### TASK BRIEF
Starting at the line that holds "x.item.id == item_id" and stopping at the line that holds "pair_below ops (a, b)", restate the records below word for word, with both of those lines included.

[Dataset entries]
Start of Block

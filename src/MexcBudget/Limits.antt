-- ===== src/MexcBudget/Limits.antt =====
-- Whatever the processes ask for and whatever their clocks show, the admitted requests keep to the
-- window and the lanes. The log is every request that `transaction` ever admitted, also those whose
-- rows are deleted.
use prep_watchdeck.Prelude.{
  ℕ, zero, ◌+◌, ◌≤◌, ◌<◌, ◌≡◌, Bool, true, false, Option, none, some, List, [], ◌∷◌, ◌++◌, arith,
  length, count, filter, length-filter, count-append, count_mono, count-filter-ge, inl, inr, ltb,
  leb, Bool-cases, ◌&&◌, Result, ok,
}
use prep_watchdeck.MexcBudget.{
  Attempt, BudgetLane, BudgetError, Meta, Database, is_recent, in_lane, lane_limit, lane_eq,
  window_ms, transaction,
}

-- one transaction of some process: the lane, or `none` for a cooldown, and the clock reading
pub record Call : Type 0 where
  pub lane : Option BudgetLane
  pub cooldown_ms : ℕ
  pub now : ℕ

-- what a transaction admitted: a delay of 0 for a lane
abbrev pub granted : Option BudgetLane → ℕ → Result BudgetError ℕ → List Attempt
granted (some lane) now (ok zero) = record { at_ms = now; lane = lane } ∷ []
granted _ now _ = []

abbrev pub step : Call → Database × List Attempt → Database × List Attempt
step c w =
    let (r, db') = transaction c.lane c.cooldown_ms c.now w.0 in
    (db', w.1 ++ granted c.lane c.now r)

unfoldable pub run : List Call → Database × List Attempt → Database × List Attempt
run [] w = w
run (c ∷ calls) w = run calls (step c w)

-- the file before the first transaction
abbrev pub new_file : Database
new_file = record { application = 0; has_tables = false; meta = none; attempts = [] }

abbrev pub in_window : ℕ → Attempt → Bool
in_window t a = leb t a.at_ms && ltb a.at_ms (t + window_ms)

abbrev pub in_window_lane : ℕ → BudgetLane → Attempt → Bool
in_window_lane t lane a = in_window t a && in_lane lane a

pub record KeepsLimits (log : List Attempt) : Type 0 where
  pub whole : (t : ℕ) → count (in_window t) log ≤ 8
  pub part : (t : ℕ) (lane : BudgetLane) → count (in_window_lane t lane) log ≤ lane_limit lane

-- The rows show, of the log, all that is recent at the clock or later.
abbrev Mirrors : Meta → List Attempt → List Attempt → Type 0
Mirrors meta rows log =
    (now : ℕ) → meta.last_clock_ms ≤ now → filter (is_recent now) rows ≡ filter (is_recent now) log

-- What a request at `now` adds to a window is at most what is recent at `now`, and itself.
window-le-recent :
    (t now : ℕ) (log : List Attempt)
    → now < t + window_ms
    → count (in_window t) log ≤ length (filter (is_recent now) log)
window-le-recent t now log h =
    rw length-filter (count_mono (in_window t) (is_recent now) (λ a e. ground (arith, e)) log)

lane-le-recent :
    (t now : ℕ) (lane : BudgetLane) (log : List Attempt)
    → now < t + window_ms
    → count (in_window_lane t lane) log ≤ count (in_lane lane) (filter (is_recent now) log)
lane-le-recent t now lane log h =
    count-filter-ge (in_window_lane t lane) (in_lane lane) (is_recent now)
      (λ a e. (ground (arith, e), ground (arith, e))) log

lane_eq_refl : (x y : BudgetLane) → lane_eq x y ≡ true → x ≡ y
lane_eq_refl x y h = ground arith

-- One more request at a time when the window and its lane have room.
module _ (lane : BudgetLane) (now : ℕ) (log : List Attempt)
    (room : length (filter (is_recent now) log) < 8)
    (lane_room : count (in_lane lane) (filter (is_recent now) log) < lane_limit lane)
    (h : KeepsLimits log) where
  abbrev pub new_request : Attempt
  new_request = record { at_ms = now; lane = lane }

  whole-append : (t : ℕ) → count (in_window t) (log ++ new_request ∷ []) ≤ 8
  whole-append t = elim (Bool-cases (in_window t new_request)) [
    | inl e ↦ rw count-append (ground (arith, e, window-le-recent t now log (ground (arith, e))))
    | inr e ↦ rw count-append (ground (arith, e, h.whole t))
  ]

  part-append :
      (t : ℕ) (l : BudgetLane) → count (in_window_lane t l) (log ++ new_request ∷ []) ≤ lane_limit l
  part-append t l = elim (Bool-cases (in_window_lane t l new_request)) [
    | inl e ↦
        let same : lane ≡ l = lane_eq_refl lane l (ground (arith, e)) in
        rw count-append
          (rw e (rw (← same) (omega (arith, lane-le-recent t now lane log (ground (arith, e))))))
    | inr e ↦ rw count-append (ground (arith, e, h.part t l))
  ]

  pub KeepsLimits-append : KeepsLimits (log ++ new_request ∷ [])
  KeepsLimits-append = record { whole = whole-append; part = part-append }
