-- ===== src/MexcBudget/Acquire.antt =====
-- `acquire` and `cooldown` of `MexcHttpBudget`: the retry loops around the transaction.
-- Times of the monotonic clock are in microseconds. A round of a loop holds what the environment
-- does in it: the clock readings, the transactions of other processes before it, and whether its
-- own transaction reaches the file (`none`: `sqlite3.Error` or `OSError`).
use Prim.Native.Nat.{min, max}
use prep_watchdeck.Prelude.{
  ℕ, zero, ◌+◌, ◌*◌, ◌≡◌, Bool, true, false, Option, none, some, List, [], ◌∷◌, ◌++◌, ltb, leb,
  if◌then◌else◌, ◌&&◌, Result, ok, err,
}
use prep_watchdeck.MexcBudget.{Attempt, BudgetLane, BudgetError, Database, transaction}
use prep_watchdeck.MexcBudget.Limits.{Call, step, run}

pub record Round : Type 0 where
  pub before : ℕ
  pub others : List Call
  pub wall_ms : Option ℕ
  pub after : ℕ

pub data Progress : Type 0 where
  admitted refused waiting : Progress

abbrev pub World : Type 0
World = Database × List Attempt

abbrev pub is_zero : Result BudgetError ℕ → Bool
is_zero (ok zero) = true
is_zero _ = false

abbrev pub own_call : BudgetLane → ℕ → Call
own_call lane now = record { lane = some lane; cooldown_ms = 0; now = now }

abbrev pub reply : BudgetLane → ℕ → World → Result BudgetError ℕ
reply lane now w = (transaction (some lane) 0 now w.0).0

-- one transaction of the loop: whether `acquire` returns after it, and the file
own_try : Option ℕ → BudgetLane → ℕ → ℕ → World → Bool × World
own_try none lane deadline after w = (false, w)
own_try (some now) lane deadline after w =
    (is_zero (reply lane now w) && ltb after deadline, step (own_call lane now) w)

unfoldable pub try_acquire : BudgetLane → ℕ → Round → World → Bool × World
unfolding own_try
try_acquire lane deadline r w = own_try r.wall_ms lane deadline r.after (run r.others w)

abbrev pub delay_or_fifty : Result BudgetError ℕ → ℕ
delay_or_fifty (ok delay) = delay
delay_or_fifty (err e) = 50

-- `delay_ms`: 50 where the transaction raised
unfoldable pub round_delay : BudgetLane → Round → World → ℕ
round_delay lane r w = elim r.wall_ms [
  | none ↦ 50
  | some now ↦ delay_or_fifty (reply lane now (run r.others w))
]

-- `min(remaining, max(0.001, delay_ms / 1_000), 0.25)`, in microseconds
unfoldable pub pause : ℕ → ℕ → ℕ
pause remaining delay_ms = min remaining (min (max 1000 (delay_ms * 1000)) 250000)

unfoldable pub acquire_rounds : BudgetLane → ℕ → List Round → World → Progress × World
unfolding try_acquire
acquire_rounds lane deadline [] w = (waiting, w)
acquire_rounds lane deadline (r ∷ rounds) w =
    let (done, w') = try_acquire lane deadline r w in
    let rest = acquire_rounds lane deadline rounds w' in
    if leb deadline r.before then (refused, w) else if done then (admitted, w') else rest

-- `timeout` is `none` where it is not finite; a timeout that is not positive is 0
unfoldable pub acquire : BudgetLane → Option ℕ → ℕ → List Round → World → Progress × World
unfolding acquire_rounds
acquire lane none start rounds w = (refused, w)
acquire lane (some zero) start rounds w = (refused, w)
acquire lane (some timeout) start rounds w = acquire_rounds lane (start + timeout) rounds w

abbrev EndsWith : BudgetLane → World → Type 0
EndsWith lane w =
    (now : ℕ) × (rows : List Attempt) × (w.1 ≡ rows ++ record { at_ms = now; lane = lane } ∷ [])
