-- ===== src/Engine/Pairs.antt =====
-- `_pinned_pair` and `_candidate_pairs` of backend/src/wandermind/cognitive/engine.py: the order in
-- which a run explores the pairs of ranked items.
pub mod Order
use wander_mind.Prelude.{
  ℕ, Bool, ◌&&◌, ◌||◌, Option, none, some, List, [], ◌∷◌, ◌++◌, map, ltb, ◌==◌, if◌then◌else◌,
}
use wander_mind.Prelude.Sort.{sort_desc}
use wander_mind.Float.{FloatOps}
use wander_mind.Models.Thought.{KnowledgeItem, RetrievedItem}
use wander_mind.Engine.Admit.{has_pair}

abbrev pub ItemPair : Type 0
ItemPair = RetrievedItem × RetrievedItem

abbrev pub pair_ids : ItemPair → ℕ × ℕ
pair_ids (l, r) = (l.item.id, r.item.id)

unfoldable pub find_item : List KnowledgeItem → ℕ → Option KnowledgeItem
find_item [] item_id = none
find_item (x ∷ xs) item_id =
    let rest = find_item xs item_id in
    elim rest [ some y ↦ some y | none ↦ if x.id == item_id then some x else none ]

abbrev distinct_items :
    Option KnowledgeItem → Option KnowledgeItem → Option (KnowledgeItem × KnowledgeItem)
distinct_items (some a) (some b) = if a.id == b.id then none else some (a, b)
distinct_items _ _ = none

abbrev pinned_ids : List KnowledgeItem → List ℕ → Option (KnowledgeItem × KnowledgeItem)
pinned_ids items (a ∷ b ∷ []) = distinct_items (find_item items a) (find_item items b)
pinned_ids items _ = none

-- Two ids of active items that the seed's metadata names, if they are two.
unfoldable pub pinned_pair :
    Option (List ℕ) → List KnowledgeItem → Option (KnowledgeItem × KnowledgeItem)
unfolding find_item
pinned_pair none items = none
pinned_pair (some raw_ids) items = pinned_ids items raw_ids

-- `ranked_by_id.get(id)`: of two items with one id the later counts.
unfoldable pub ranked_by_id : List RetrievedItem → ℕ → Option RetrievedItem
ranked_by_id [] item_id = none
ranked_by_id (x ∷ xs) item_id =
    let rest = ranked_by_id xs item_id in
    elim rest [ some y ↦ some y | none ↦ if x.item.id == item_id then some x else none ]

abbrev both : Option RetrievedItem → Option RetrievedItem → List ItemPair
both (some l) (some r) = (l, r) ∷ []
both _ _ = []

unfoldable pub pinned_first :
    List RetrievedItem → Option (KnowledgeItem × KnowledgeItem) → List ItemPair
unfolding ranked_by_id
pinned_first ranked none = []
pinned_first ranked (some (a, b)) = both (ranked_by_id ranked a.id) (ranked_by_id ranked b.id)

-- The pairs of positions `left_index < right_index`, in the order of the comprehension.
unfoldable pub ranked_pairs : List RetrievedItem → List ItemPair
ranked_pairs [] = []
ranked_pairs (x ∷ xs) = map (λ y. (x, y)) xs ++ ranked_pairs xs

-- The key `(abs(l.distance - r.distance), l.relevance + r.relevance)`, compared as a tuple.
unfoldable pub pair_below : FloatOps → ItemPair → ItemPair → Bool
pair_below ops (a, b) (c, d) =
    let near = ops.abs_diff a.distance b.distance in
    let far = ops.abs_diff c.distance d.distance in
    ltb near far
    || (near == far && ltb (ops.add a.relevance b.relevance) (ops.add c.relevance d.relevance))

-- The loop over the sorted pairs: a pair whose two ids were seen is passed over.
unfoldable pub add_unseen : List (ℕ × ℕ) → List ItemPair → List ItemPair
add_unseen seen [] = []
add_unseen seen (p ∷ ps) =
    let old = add_unseen seen ps in
    let new = p ∷ add_unseen (pair_ids p ∷ seen) ps in
    if has_pair seen (pair_ids p) then old else new

unfoldable pub candidate_pairs :
    FloatOps → List RetrievedItem → Option (KnowledgeItem × KnowledgeItem) → List ItemPair
unfolding pinned_first ranked_pairs add_unseen
candidate_pairs ops ranked pinned =
    let first = pinned_first ranked pinned in
    first ++ add_unseen (map pair_ids first) (sort_desc (pair_below ops) (ranked_pairs ranked))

End of Block

### WRITTEN SOLUTION
    elim rest [ some y ↦ some y | none ↦ if x.item.id == item_id then some x else none ]

abbrev both : Option RetrievedItem → Option RetrievedItem → List ItemPair
both (some l) (some r) = (l, r) ∷ []
both _ _ = []

unfoldable pub pinned_first :
    List RetrievedItem → Option (KnowledgeItem × KnowledgeItem) → List ItemPair
unfolding ranked_by_id
pinned_first ranked none = []
pinned_first ranked (some (a, b)) = both (ranked_by_id ranked a.id) (ranked_by_id ranked b.id)

-- The pairs of positions `left_index < right_index`, in the order of the comprehension.
unfoldable pub ranked_pairs : List RetrievedItem → List ItemPair
ranked_pairs [] = []
ranked_pairs (x ∷ xs) = map (λ y. (x, y)) xs ++ ranked_pairs xs

-- The key `(abs(l.distance - r.distance), l.relevance + r.relevance)`, compared as a tuple.
unfoldable pub pair_below : FloatOps → ItemPair → ItemPair → Bool
pair_below ops (a, b) (c, d) =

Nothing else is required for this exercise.